- [What is expected] Could you say how many lines in the entries contain the string "antt"? Give only that number.

- [Saved data entries]
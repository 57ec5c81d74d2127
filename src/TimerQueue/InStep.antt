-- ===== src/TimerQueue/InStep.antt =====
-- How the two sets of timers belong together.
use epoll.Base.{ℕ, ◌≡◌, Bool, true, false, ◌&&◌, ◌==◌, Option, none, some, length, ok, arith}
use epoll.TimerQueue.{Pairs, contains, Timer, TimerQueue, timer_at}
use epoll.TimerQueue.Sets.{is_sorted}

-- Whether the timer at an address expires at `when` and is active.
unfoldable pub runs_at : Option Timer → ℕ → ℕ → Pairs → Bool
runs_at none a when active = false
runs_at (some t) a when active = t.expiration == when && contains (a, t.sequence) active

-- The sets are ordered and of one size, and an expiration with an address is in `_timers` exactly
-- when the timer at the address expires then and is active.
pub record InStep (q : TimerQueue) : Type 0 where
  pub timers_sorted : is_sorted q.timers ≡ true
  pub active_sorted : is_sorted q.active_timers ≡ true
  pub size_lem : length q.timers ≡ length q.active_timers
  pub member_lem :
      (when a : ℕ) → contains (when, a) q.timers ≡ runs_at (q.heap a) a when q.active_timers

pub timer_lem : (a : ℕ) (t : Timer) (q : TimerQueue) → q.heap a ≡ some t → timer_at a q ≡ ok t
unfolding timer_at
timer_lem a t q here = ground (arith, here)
* * *
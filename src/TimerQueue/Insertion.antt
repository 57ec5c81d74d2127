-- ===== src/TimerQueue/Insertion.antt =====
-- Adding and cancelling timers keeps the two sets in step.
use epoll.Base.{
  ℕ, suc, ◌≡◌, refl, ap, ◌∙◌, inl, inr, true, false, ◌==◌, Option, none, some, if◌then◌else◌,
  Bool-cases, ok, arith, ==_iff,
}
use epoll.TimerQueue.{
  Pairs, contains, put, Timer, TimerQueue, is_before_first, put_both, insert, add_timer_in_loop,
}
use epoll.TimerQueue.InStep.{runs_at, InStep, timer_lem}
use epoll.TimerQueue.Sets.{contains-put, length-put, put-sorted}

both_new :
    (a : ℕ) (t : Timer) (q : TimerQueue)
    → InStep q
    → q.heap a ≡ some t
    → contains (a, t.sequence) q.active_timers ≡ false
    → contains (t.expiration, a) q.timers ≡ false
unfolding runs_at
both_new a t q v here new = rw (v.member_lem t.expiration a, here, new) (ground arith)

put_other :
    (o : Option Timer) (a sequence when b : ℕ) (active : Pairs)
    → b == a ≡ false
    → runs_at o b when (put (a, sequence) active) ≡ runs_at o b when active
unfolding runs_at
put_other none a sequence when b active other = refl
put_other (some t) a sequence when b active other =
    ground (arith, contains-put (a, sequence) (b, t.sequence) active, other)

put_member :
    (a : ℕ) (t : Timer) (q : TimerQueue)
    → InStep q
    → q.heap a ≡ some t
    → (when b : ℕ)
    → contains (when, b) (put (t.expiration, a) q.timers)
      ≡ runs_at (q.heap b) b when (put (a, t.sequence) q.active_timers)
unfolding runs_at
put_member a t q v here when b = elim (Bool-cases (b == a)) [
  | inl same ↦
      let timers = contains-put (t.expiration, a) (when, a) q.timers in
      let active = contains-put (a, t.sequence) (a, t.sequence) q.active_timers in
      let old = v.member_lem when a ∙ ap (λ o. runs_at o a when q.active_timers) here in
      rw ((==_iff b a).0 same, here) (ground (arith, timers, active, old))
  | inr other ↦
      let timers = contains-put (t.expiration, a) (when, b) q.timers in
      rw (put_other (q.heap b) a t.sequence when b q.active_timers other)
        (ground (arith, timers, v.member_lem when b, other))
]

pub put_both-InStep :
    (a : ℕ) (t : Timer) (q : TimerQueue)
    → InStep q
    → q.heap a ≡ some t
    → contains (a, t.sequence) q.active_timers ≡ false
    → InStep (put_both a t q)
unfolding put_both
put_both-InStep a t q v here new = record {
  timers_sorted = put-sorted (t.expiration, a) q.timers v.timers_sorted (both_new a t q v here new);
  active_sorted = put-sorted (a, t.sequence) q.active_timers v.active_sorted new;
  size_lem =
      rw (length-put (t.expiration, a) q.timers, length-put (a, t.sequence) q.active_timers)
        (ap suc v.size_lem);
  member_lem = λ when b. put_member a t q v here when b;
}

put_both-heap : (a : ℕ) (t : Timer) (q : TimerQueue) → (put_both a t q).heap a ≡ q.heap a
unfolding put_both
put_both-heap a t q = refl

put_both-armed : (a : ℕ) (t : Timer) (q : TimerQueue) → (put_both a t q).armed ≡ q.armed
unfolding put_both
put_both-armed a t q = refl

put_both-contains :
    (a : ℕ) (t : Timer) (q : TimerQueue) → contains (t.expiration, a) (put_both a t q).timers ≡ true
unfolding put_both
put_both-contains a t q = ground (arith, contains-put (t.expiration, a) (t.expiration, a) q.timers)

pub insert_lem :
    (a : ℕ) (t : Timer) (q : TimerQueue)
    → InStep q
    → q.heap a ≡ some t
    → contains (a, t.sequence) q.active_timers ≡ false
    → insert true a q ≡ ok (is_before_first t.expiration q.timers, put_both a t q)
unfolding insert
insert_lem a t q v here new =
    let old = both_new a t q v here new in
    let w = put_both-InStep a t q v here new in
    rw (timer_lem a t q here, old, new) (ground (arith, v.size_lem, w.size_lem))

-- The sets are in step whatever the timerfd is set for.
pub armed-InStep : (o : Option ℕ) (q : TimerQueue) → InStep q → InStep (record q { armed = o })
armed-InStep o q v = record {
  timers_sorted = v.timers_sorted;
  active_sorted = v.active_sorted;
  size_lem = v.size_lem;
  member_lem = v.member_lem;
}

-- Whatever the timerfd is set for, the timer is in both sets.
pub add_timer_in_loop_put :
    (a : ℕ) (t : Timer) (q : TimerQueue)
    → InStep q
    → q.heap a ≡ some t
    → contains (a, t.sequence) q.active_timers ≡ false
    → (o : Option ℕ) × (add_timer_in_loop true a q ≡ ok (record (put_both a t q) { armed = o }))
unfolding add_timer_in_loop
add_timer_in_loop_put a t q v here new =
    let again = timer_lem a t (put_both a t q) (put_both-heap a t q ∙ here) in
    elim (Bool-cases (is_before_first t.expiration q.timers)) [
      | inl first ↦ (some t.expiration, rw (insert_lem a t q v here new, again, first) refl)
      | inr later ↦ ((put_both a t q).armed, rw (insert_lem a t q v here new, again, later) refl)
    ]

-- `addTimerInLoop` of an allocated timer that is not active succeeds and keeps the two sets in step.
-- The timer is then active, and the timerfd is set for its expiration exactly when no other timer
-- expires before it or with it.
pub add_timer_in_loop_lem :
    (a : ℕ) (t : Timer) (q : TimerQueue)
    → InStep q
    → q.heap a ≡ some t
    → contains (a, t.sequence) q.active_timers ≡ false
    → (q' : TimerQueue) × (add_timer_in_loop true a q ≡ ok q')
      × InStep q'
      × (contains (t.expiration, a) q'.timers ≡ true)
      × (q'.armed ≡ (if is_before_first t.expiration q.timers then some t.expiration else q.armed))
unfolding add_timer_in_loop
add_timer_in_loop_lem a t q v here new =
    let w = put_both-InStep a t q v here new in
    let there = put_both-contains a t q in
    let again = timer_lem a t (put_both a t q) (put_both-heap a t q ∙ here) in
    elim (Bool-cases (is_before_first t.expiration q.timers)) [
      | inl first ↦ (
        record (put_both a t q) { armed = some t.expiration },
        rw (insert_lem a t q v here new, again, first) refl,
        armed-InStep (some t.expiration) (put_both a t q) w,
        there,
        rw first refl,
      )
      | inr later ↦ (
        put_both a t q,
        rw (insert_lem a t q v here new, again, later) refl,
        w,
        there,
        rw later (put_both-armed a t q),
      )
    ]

- [Written answer] 4